◆ WORK REQUEST
Your answer is the lines below, exactly, from the one that contains "pub utf8size : List ℕ → Option ℕ → Outcome ℕ" through the one that contains "else if leb c 0x7ff", both included.

(Records from a collection)
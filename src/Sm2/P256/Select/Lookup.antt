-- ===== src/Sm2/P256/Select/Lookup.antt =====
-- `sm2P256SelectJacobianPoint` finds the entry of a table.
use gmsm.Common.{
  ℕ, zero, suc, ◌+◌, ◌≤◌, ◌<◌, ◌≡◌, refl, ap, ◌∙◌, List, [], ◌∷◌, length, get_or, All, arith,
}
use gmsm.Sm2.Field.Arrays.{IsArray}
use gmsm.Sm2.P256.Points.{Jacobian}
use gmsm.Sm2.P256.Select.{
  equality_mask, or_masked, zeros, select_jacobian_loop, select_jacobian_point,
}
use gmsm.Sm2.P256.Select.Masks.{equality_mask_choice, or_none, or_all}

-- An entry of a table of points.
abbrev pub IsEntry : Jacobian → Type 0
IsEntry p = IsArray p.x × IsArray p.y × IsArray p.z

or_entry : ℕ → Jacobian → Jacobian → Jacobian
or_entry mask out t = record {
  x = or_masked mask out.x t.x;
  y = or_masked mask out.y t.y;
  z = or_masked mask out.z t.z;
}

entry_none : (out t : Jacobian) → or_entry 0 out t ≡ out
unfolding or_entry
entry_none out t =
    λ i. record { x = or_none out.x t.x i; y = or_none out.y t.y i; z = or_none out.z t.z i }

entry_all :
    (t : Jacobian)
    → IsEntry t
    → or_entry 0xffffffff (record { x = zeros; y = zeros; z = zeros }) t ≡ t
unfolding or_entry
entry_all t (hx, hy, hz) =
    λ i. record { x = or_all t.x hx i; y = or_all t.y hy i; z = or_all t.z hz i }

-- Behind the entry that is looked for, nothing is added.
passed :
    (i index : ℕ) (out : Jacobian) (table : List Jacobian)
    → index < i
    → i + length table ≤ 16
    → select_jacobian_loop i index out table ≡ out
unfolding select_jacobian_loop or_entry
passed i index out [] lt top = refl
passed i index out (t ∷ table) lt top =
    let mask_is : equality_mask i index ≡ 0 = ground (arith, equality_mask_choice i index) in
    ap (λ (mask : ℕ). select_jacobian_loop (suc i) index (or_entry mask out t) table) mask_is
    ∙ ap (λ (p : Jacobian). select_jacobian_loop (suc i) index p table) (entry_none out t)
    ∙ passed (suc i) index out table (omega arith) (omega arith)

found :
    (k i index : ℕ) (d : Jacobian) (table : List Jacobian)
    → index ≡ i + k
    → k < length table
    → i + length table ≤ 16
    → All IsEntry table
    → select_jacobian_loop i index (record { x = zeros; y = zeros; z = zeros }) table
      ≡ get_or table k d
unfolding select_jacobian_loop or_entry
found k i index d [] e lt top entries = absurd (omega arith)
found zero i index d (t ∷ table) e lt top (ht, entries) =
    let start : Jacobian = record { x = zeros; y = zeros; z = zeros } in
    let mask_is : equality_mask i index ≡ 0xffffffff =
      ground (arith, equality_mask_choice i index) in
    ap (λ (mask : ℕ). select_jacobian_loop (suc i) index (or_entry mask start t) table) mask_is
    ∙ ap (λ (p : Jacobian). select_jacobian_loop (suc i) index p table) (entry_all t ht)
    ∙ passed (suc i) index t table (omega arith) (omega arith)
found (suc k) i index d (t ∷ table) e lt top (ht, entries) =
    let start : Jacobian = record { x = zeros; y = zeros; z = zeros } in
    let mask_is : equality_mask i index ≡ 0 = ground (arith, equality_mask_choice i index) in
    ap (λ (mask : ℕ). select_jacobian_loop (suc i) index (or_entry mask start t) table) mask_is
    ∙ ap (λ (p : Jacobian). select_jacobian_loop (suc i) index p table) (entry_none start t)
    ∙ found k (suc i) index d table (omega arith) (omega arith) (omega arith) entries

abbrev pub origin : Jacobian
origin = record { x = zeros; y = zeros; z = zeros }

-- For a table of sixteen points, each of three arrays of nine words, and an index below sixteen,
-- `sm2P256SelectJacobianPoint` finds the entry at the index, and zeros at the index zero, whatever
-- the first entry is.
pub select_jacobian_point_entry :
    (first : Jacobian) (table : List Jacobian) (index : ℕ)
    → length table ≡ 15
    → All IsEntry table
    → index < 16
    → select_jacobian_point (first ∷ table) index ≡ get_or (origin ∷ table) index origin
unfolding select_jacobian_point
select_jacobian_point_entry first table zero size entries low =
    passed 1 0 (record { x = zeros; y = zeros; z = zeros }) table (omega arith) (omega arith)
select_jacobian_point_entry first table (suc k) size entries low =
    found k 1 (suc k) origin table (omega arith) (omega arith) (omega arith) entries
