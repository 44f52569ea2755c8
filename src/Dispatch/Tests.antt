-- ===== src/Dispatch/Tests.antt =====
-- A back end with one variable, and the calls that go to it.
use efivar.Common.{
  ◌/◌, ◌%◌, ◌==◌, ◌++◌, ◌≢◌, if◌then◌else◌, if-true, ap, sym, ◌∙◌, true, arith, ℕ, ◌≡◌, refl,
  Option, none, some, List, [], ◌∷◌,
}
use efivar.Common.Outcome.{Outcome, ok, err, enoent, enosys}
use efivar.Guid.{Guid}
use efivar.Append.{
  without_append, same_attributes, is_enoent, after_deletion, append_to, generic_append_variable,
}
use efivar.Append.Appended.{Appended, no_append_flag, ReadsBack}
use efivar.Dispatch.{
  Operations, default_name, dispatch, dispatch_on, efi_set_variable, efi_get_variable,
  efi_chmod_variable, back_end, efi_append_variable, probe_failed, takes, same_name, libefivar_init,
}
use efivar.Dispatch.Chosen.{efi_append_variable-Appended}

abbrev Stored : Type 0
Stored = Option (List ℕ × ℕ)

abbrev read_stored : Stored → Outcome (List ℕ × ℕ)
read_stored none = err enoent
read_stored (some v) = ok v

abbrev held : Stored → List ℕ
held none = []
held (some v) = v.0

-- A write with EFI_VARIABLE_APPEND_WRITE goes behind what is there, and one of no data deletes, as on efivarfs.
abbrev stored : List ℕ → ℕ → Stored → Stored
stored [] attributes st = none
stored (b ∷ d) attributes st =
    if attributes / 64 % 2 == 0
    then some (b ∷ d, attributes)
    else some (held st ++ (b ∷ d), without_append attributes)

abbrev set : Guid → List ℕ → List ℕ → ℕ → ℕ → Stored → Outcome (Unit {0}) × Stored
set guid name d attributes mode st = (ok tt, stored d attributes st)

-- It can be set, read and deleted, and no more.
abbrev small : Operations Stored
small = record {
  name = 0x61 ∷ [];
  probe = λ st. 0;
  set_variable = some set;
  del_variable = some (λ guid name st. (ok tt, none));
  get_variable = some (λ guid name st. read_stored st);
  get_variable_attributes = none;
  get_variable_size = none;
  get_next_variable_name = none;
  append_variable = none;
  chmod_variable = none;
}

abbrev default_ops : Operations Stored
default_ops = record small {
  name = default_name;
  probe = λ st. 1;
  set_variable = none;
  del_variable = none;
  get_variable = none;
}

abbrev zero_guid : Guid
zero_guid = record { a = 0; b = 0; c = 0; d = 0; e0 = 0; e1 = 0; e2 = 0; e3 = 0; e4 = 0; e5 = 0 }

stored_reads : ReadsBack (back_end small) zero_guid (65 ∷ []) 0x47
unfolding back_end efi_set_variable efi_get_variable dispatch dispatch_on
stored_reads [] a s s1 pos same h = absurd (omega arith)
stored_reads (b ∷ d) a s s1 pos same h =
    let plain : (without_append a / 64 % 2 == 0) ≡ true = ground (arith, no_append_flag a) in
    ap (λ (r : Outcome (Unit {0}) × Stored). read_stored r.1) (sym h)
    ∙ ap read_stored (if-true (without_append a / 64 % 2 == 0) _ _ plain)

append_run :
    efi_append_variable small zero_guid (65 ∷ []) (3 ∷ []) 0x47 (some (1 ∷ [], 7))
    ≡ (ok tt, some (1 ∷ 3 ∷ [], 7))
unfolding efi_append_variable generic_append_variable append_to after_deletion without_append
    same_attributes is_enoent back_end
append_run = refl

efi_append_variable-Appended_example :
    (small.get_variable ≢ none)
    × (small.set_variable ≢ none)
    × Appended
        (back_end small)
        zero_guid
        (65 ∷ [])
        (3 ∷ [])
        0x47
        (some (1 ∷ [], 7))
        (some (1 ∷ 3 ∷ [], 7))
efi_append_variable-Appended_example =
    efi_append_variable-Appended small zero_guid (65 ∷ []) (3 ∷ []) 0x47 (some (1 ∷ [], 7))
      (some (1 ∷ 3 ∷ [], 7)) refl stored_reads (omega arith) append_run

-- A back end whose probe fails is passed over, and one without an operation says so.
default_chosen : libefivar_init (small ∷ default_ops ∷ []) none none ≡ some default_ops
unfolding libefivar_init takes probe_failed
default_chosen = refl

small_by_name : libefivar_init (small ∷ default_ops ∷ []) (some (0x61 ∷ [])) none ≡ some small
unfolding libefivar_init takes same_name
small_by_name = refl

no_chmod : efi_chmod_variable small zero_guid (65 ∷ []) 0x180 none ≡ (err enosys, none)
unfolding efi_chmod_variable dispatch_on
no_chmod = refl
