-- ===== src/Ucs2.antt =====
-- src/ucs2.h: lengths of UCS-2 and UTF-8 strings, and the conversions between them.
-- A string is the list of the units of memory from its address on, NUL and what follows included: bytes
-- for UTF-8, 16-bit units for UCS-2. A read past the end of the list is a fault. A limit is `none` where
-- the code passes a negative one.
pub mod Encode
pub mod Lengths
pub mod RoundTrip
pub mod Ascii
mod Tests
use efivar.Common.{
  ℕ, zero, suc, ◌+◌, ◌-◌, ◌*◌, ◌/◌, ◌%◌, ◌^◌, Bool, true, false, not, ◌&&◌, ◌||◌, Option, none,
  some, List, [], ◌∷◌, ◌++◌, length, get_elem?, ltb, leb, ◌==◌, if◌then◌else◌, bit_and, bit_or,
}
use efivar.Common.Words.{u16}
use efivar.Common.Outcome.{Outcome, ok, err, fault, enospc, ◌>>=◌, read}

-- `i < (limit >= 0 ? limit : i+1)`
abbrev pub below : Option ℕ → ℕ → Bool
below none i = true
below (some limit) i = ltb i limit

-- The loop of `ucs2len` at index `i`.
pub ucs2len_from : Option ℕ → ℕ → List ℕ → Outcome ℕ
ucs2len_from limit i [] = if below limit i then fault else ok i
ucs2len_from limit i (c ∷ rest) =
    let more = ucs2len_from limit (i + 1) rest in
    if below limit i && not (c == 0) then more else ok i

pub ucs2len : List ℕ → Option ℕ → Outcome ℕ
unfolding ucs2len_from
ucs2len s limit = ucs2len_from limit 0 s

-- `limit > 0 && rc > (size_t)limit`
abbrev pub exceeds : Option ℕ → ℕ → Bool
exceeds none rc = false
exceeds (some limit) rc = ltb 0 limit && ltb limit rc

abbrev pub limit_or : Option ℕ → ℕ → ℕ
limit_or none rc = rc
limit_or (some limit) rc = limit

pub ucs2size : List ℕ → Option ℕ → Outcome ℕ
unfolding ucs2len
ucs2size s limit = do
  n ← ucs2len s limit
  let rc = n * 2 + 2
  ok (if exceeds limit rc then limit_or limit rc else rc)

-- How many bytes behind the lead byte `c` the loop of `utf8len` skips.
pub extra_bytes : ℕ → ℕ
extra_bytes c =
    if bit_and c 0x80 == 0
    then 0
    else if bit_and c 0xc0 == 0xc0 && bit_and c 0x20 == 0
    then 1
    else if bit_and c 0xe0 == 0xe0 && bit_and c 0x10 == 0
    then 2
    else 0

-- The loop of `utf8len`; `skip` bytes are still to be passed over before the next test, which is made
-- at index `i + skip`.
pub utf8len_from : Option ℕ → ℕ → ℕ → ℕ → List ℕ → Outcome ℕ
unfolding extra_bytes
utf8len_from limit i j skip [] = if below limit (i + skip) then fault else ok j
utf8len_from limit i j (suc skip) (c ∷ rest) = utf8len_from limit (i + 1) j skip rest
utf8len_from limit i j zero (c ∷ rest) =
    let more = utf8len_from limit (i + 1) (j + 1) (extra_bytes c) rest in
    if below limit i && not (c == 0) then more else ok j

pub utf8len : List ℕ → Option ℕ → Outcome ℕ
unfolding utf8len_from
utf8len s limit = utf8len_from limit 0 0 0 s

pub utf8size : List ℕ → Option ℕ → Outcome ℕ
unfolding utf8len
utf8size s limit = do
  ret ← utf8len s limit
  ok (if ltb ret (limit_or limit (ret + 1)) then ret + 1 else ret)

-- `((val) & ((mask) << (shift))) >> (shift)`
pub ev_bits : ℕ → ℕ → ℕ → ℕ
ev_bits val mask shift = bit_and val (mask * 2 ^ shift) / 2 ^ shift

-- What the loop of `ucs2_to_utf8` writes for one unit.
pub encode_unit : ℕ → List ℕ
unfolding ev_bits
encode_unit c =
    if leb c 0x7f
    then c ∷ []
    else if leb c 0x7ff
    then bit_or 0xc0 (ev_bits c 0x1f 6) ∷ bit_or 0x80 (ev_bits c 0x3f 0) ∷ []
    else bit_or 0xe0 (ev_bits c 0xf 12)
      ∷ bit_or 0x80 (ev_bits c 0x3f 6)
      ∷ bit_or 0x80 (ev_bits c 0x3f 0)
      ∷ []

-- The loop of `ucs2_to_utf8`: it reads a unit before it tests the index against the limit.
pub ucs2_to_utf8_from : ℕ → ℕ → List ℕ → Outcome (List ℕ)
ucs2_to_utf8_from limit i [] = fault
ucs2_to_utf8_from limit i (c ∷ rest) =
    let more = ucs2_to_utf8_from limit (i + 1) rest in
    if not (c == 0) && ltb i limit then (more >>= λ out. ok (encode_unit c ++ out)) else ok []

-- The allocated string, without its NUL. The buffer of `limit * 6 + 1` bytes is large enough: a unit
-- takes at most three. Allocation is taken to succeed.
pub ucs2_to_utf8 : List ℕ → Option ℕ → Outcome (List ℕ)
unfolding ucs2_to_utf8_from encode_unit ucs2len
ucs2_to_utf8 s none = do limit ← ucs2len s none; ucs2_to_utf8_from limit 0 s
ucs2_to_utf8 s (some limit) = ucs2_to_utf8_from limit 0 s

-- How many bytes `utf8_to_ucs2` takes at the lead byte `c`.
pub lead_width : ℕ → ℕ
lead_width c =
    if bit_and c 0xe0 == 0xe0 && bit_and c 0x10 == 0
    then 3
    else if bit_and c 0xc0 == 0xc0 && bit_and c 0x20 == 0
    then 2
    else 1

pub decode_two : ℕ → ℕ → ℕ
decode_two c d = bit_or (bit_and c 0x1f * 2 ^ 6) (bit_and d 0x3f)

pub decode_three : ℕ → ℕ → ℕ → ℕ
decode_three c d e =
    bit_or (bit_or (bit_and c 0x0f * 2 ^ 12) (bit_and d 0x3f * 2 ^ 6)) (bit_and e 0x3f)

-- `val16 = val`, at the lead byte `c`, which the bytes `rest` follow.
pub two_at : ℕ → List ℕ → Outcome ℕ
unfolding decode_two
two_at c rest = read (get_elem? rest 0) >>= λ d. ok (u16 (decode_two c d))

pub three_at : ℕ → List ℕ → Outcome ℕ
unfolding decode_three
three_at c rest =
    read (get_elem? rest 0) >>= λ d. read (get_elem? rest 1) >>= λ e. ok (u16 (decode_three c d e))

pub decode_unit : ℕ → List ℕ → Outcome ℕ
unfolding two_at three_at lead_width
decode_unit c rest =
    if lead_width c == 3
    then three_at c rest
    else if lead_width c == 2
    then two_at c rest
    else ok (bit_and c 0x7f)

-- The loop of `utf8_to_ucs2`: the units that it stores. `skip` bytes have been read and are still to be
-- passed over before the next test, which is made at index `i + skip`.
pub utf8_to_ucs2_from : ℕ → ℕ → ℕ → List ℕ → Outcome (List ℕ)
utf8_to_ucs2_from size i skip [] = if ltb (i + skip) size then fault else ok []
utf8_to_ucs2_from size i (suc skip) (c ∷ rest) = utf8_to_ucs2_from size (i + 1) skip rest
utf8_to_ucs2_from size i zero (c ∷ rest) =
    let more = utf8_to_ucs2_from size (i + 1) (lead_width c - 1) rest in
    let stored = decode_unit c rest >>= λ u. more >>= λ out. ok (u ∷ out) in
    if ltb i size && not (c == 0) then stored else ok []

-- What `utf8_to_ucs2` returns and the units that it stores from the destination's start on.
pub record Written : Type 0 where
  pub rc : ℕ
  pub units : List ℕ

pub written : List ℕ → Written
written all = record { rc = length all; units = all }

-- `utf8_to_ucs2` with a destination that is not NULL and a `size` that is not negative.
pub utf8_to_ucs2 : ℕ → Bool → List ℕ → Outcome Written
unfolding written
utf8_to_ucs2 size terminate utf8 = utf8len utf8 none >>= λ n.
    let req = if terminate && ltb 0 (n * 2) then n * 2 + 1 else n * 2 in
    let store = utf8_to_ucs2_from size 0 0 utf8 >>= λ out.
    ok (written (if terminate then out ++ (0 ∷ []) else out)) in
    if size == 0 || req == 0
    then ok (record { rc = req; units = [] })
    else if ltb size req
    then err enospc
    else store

◆ ANSWER TO THE PROBLEM
pub utf8size : List ℕ → Option ℕ → Outcome ℕ
unfolding utf8len
utf8size s limit = do
  ret ← utf8len s limit
  ok (if ltb ret (limit_or limit (ret + 1)) then ret + 1 else ret)

-- `((val) & ((mask) << (shift))) >> (shift)`
pub ev_bits : ℕ → ℕ → ℕ → ℕ
ev_bits val mask shift = bit_and val (mask * 2 ^ shift) / 2 ^ shift

-- What the loop of `ucs2_to_utf8` writes for one unit.
pub encode_unit : ℕ → List ℕ
unfolding ev_bits
encode_unit c =
    if leb c 0x7f
    then c ∷ []
    else if leb c 0x7ff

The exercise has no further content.